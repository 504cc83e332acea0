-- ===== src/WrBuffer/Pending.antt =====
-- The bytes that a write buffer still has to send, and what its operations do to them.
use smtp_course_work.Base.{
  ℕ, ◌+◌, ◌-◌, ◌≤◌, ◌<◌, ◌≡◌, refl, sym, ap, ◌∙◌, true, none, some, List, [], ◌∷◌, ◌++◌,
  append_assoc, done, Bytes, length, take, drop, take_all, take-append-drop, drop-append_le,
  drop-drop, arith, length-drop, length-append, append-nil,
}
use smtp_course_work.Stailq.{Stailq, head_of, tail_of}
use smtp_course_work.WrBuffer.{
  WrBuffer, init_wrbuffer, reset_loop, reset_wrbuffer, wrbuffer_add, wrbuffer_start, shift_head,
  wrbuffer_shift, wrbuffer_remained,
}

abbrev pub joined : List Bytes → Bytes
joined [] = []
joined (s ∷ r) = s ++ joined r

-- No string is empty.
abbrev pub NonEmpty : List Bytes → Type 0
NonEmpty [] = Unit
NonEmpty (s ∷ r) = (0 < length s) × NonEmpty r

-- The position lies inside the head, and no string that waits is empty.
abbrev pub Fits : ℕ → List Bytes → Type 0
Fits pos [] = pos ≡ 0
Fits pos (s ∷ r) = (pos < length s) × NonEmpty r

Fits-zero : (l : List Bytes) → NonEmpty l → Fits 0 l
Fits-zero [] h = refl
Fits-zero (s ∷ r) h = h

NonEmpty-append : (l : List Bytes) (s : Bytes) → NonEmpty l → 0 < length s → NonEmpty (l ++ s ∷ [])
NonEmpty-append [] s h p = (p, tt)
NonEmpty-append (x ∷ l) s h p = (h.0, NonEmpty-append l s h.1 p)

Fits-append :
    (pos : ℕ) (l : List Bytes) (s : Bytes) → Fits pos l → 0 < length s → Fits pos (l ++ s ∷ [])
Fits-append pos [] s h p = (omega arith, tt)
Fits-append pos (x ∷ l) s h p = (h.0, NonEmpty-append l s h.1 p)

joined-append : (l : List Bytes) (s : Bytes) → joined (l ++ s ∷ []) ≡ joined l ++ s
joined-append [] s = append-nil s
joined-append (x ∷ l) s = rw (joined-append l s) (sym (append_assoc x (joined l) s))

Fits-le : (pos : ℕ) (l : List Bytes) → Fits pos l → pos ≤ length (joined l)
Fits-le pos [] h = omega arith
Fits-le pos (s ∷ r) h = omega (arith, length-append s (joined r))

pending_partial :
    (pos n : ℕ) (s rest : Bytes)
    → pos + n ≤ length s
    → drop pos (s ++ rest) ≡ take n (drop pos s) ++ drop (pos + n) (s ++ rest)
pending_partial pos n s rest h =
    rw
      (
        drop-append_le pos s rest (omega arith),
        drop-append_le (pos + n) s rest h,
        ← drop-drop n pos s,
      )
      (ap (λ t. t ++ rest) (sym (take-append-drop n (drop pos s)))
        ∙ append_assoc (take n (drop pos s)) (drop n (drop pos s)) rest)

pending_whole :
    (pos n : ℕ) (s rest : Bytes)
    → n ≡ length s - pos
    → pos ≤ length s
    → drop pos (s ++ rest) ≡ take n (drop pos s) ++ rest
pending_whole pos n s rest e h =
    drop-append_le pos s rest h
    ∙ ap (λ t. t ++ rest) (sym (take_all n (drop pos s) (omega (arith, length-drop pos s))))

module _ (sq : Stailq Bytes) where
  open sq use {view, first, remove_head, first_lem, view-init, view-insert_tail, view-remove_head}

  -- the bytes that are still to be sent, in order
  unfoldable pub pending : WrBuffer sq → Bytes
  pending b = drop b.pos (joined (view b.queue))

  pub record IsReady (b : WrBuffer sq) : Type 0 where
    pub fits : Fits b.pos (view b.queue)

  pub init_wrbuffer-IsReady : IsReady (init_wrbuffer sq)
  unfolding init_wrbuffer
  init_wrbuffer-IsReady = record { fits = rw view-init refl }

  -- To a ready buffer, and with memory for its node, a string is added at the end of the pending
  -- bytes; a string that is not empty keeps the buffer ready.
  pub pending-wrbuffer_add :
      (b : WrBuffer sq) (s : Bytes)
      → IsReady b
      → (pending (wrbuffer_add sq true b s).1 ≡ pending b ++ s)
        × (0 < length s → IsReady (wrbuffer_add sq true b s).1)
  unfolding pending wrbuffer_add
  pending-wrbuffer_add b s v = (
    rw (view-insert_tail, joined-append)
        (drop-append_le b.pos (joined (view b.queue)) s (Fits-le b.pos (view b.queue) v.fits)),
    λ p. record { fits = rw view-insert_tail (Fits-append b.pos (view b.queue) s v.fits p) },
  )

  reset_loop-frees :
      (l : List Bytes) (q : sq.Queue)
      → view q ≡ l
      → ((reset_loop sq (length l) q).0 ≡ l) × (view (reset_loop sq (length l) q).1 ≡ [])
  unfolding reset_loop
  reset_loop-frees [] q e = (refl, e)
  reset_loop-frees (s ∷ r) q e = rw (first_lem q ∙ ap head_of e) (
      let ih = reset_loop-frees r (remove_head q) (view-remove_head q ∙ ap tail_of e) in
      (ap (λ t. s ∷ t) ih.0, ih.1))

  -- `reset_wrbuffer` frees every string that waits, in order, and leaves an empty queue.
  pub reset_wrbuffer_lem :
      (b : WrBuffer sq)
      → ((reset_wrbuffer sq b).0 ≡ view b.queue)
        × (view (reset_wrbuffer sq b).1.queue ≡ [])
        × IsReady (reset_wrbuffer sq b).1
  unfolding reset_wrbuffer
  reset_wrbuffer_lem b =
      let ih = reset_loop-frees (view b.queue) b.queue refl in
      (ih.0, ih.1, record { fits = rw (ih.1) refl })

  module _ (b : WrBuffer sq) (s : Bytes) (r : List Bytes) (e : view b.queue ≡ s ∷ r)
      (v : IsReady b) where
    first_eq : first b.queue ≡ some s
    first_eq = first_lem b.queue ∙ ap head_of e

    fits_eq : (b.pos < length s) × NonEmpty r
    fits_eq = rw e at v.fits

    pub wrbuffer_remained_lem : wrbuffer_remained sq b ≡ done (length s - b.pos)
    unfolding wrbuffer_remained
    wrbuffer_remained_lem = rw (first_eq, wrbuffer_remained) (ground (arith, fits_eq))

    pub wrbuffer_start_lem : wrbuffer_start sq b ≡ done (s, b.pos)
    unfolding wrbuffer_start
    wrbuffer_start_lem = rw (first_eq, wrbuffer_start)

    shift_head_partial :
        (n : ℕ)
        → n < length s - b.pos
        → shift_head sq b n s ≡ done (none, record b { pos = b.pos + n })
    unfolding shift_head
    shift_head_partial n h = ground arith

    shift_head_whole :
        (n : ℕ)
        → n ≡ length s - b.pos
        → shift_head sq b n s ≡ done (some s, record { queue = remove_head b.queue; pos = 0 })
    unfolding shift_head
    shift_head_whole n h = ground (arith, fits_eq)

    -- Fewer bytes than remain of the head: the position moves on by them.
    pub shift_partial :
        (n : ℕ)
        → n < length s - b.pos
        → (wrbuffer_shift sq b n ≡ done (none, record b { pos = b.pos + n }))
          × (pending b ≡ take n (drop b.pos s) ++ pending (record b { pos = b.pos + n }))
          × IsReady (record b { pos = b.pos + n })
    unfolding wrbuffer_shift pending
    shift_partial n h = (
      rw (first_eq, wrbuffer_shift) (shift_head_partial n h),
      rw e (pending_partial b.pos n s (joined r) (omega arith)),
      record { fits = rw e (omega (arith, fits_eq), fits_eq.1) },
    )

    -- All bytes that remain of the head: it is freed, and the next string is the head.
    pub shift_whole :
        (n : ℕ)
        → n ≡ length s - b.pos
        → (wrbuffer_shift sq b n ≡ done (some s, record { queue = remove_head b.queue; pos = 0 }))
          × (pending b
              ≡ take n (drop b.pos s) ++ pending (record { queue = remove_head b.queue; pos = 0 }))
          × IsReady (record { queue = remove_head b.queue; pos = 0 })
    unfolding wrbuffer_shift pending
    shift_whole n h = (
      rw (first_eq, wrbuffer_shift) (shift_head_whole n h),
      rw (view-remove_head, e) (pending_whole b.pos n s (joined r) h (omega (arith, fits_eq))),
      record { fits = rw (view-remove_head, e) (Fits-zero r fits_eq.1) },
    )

■ **TASK TO COMPLETE**:
Using the records above, pull out each line where the word "IsReady" occurs.

■ **TASK SOLUTION**:
  pub record IsReady (b : WrBuffer sq) : Type 0 where
  pub init_wrbuffer-IsReady : IsReady (init_wrbuffer sq)
  init_wrbuffer-IsReady = record { fits = rw view-init refl }
      → IsReady b
        × (0 < length s → IsReady (wrbuffer_add sq true b s).1)
        × IsReady (reset_wrbuffer sq b).1
      (v : IsReady b) where
          × IsReady (record b { pos = b.pos + n })
          × IsReady (record { queue = remove_head b.queue; pos = 0 })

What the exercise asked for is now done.